Exercise aim:
Go through the listing below from its first line and repeat each line exactly, ending at the line containing "-- How often" and including it.

Records for the task:
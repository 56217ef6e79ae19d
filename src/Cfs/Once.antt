-- ===== src/Cfs/Once.antt =====
-- How often a descriptor stands in the table of open files of cfs/src/cfs.c. `cfs_release_file`
-- frees the first entry that it finds, so that a file is gone only if it had no other.
use fusefs_block.Base.{
  ℕ, zero, suc, ◌+◌, ◌/◌, ◌≤◌, ◌≡◌, refl, sym, ap, ◌∙◌, Option, none, some, arith, List, [], ◌∷◌,
  ◌++◌, ℤ, pos, ◌==ℤ◌, ==ℤ_iff, if◌then◌else◌, Bool-cases, inl, inr, get_elem?, set, replicate,
  Bytes, CString,
}
use native.Mathlib.Decide.{dec_le}
use fusefs_block.Io.{minus_one}
use fusefs_block.Cfs.{CfsFile, CfsState, Garbage}
use fusefs_block.Cfs.Table.{find_slot, claim, grow, update_header, cfs_release_file}
use fusefs_block.Cfs.Entries.{pos_inj}
use fusefs_block.Cfs.Slots.{find_slot_holds}
use fusefs_block.Cfs.Invariant.{IsTable, grow_lem, grow_not}

abbrev pub hit : ℕ → ℤ → ℕ
hit fd x = if x ==ℤ pos fd then 1 else 0

unfoldable pub occurs : ℕ → List ℤ → ℕ
occurs fd [] = 0
occurs fd (x ∷ xs) = hit fd x + occurs fd xs

occurs-set :
    (fd : ℕ) (xs : List ℤ) (i : ℕ) (old new : ℤ)
    → get_elem? xs i ≡ some old
    → occurs fd (set xs i new) + hit fd old ≡ occurs fd xs + hit fd new
unfolding occurs
occurs-set fd [] i old new h = cc
occurs-set fd (x ∷ xs) zero old new h = let same : x ≡ old = cc in rw same (omega arith)
occurs-set fd (x ∷ xs) (suc i) old new h = omega (arith, occurs-set fd xs i old new h)

occurs-replicate : (fd n : ℕ) → occurs fd (replicate n minus_one) ≡ 0
unfolding occurs
occurs-replicate fd zero = refl
occurs-replicate fd (suc n) = omega (arith, occurs-replicate fd n)

occurs-append_free :
    (fd n : ℕ) (xs : List ℤ) → occurs fd (xs ++ replicate n minus_one) ≡ occurs fd xs
unfolding occurs
occurs-append_free fd n [] = occurs-replicate fd n
occurs-append_free fd n (x ∷ xs) = ap (λ k. hit fd x + k) (occurs-append_free fd n xs)

-- What does not occur is not found, and the other way round.
pub find_slot-none : (fd j : ℕ) (xs : List ℤ) → occurs fd xs ≡ 0 → find_slot (pos fd) xs j ≡ none
unfolding occurs find_slot
find_slot-none fd j [] h = refl
find_slot-none fd j (x ∷ xs) h = ground (arith, find_slot-none fd (j + 1) xs)

pub occurs-none : (fd j : ℕ) (xs : List ℤ) → find_slot (pos fd) xs j ≡ none → occurs fd xs ≡ 0
unfolding occurs find_slot
occurs-none fd j [] h = refl
occurs-none fd j (x ∷ xs) h = ground (arith, occurs-none fd (j + 1) xs)

pub occurs-grow :
    (garbage : Garbage) (state : CfsState)
    → IsTable state
    → (fd : ℕ) → occurs fd (grow garbage state).fds ≡ occurs fd state.fds
occurs-grow garbage state table fd = elim (dec_le (state.fds_cap / 2) state.n_fds) [
  | yes full ↦
      ap (λ (t : CfsState). occurs fd t.fds) (grow_lem garbage state table full)
      ∙ occurs-append_free fd state.fds_cap state.fds
  | no room ↦ ap (λ (t : CfsState). occurs fd t.fds) (grow_not garbage state table (omega arith))
]

-- A claim puts the descriptor into a free entry.
pub claim-fds :
    (garbage : Garbage) (state after : CfsState) (path : CString) (fd : ℤ) (i : ℕ)
    → claim garbage state path fd ≡ some (i, after)
    → (get_elem? state.fds i ≡ some minus_one) × (after.fds ≡ set state.fds i fd)
unfolding claim
claim-fds garbage state after path fd i h = go (find_slot minus_one state.fds 0) refl
  where
    fds_of : Option (ℕ × CfsState) → Option (ℕ × List ℤ)
    fds_of none = none
    fds_of (some (k, t)) = some (k, t.fds)

    go :
        (o : Option ℕ)
        → find_slot minus_one state.fds 0 ≡ o
        → (get_elem? state.fds i ≡ some minus_one) × (after.fds ≡ set state.fds i fd)
    go none e =
        let never : none ≡ some (i, after) =
          (let none_of : claim garbage state path fd ≡ none = rw (claim, e) refl in
            sym none_of ∙ h) in
        absurd (cc)
    go (some k) e =
        let claimed : fds_of (claim garbage state path fd) ≡ some (k, set state.fds k fd) =
          rw (claim, e) refl in
        let same : some (k, set state.fds k fd) ≡ some (i, after.fds) = sym claimed ∙ ap fds_of h in
        let (l, shift, lt, holds) = find_slot_holds minus_one state.fds 0 k e in
        let here : k ≡ i = cc in
        let there : l ≡ i = omega arith in
        (ap (get_elem? state.fds) (sym there) ∙ holds, sym (cc) ∙ ap (λ n. set state.fds n fd) here)

pub update_header-fds :
    (state : CfsState) (i : ℕ) (a b : Bytes) → (update_header state i a b).fds ≡ state.fds
unfolding update_header
update_header-fds state i a b = go (get_elem? state.files i) refl
  where
    go :
        (o : Option CfsFile)
        → get_elem? state.files i ≡ o
        → (update_header state i a b).fds ≡ state.fds
    go none e = rw (update_header, e) refl
    go (some f) e = rw (update_header, e) refl

hit_self : (fd : ℕ) → hit fd (pos fd) ≡ 1
hit_self fd = ap (λ b. if b then 1 else 0) ((==ℤ_iff (pos fd) (pos fd)).1 refl)

-- Entering a descriptor that is not there leaves every descriptor at most once.
pub once-enter :
    (fd : ℕ) (xs : List ℤ) (i : ℕ)
    → get_elem? xs i ≡ some minus_one
    → occurs fd xs ≡ 0
    → ((other : ℕ) → occurs other xs ≤ 1)
    → (other : ℕ) → occurs other (set xs i (pos fd)) ≤ 1
once-enter fd xs i free absent once other =
    let counts = occurs-set other xs i minus_one (pos fd) free in
    elim (Bool-cases (pos fd ==ℤ pos other)) [
      | inl same ↦
          let e : fd ≡ other = pos_inj ((==ℤ_iff (pos fd) (pos other)).0 same) in
          let none_here : occurs other xs ≡ 0 = ap (λ k. occurs k xs) (sym e) ∙ absent in
          let one : hit other (pos fd) ≡ 1 = ap (λ b. if b then 1 else 0) same in
          omega (arith, none_here, one)
      | inr differ ↦
          let nothing : hit other (pos fd) ≡ 0 = ap (λ b. if b then 1 else 0) differ in
          omega (arith, nothing, once other)
    ]

-- Freeing its entry removes a descriptor that is there once.
pub once-free :
    (fd : ℕ) (xs : List ℤ) (i : ℕ)
    → get_elem? xs i ≡ some (pos fd)
    → ((other : ℕ) → occurs other xs ≤ 1)
    → (occurs fd (set xs i minus_one) ≡ 0) × ((other : ℕ) → occurs other (set xs i minus_one) ≤ 1)
once-free fd xs i here once = (
  omega (arith, occurs-set fd xs i (pos fd) minus_one here, once fd, hit_self fd),
  λ other. omega (arith, occurs-set other xs i (pos fd) minus_one here, once other),
)

-- What releasing a descriptor that is found leaves.
pub release-fds :
    (state : CfsState) (fd : ℤ) (i : ℕ)
    → find_slot fd state.fds 0 ≡ some i
    → (get_elem? state.fds i ≡ some fd)
      × ((cfs_release_file state fd).1.fds ≡ set state.fds i minus_one)
unfolding cfs_release_file
release-fds state fd i e =
    let (l, shift, lt, holds) = find_slot_holds fd state.fds 0 i e in
    let there : l ≡ i = omega arith in
    (ap (get_elem? state.fds) (sym there) ∙ holds, rw (cfs_release_file, e) refl)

Reply:
repository 56217ef6e79ae19d
filename src/Cfs/Once.antt
-- ===== src/Cfs/Once.antt =====
-- How often a descriptor stands in the table of open files of cfs/src/cfs.c. `cfs_release_file`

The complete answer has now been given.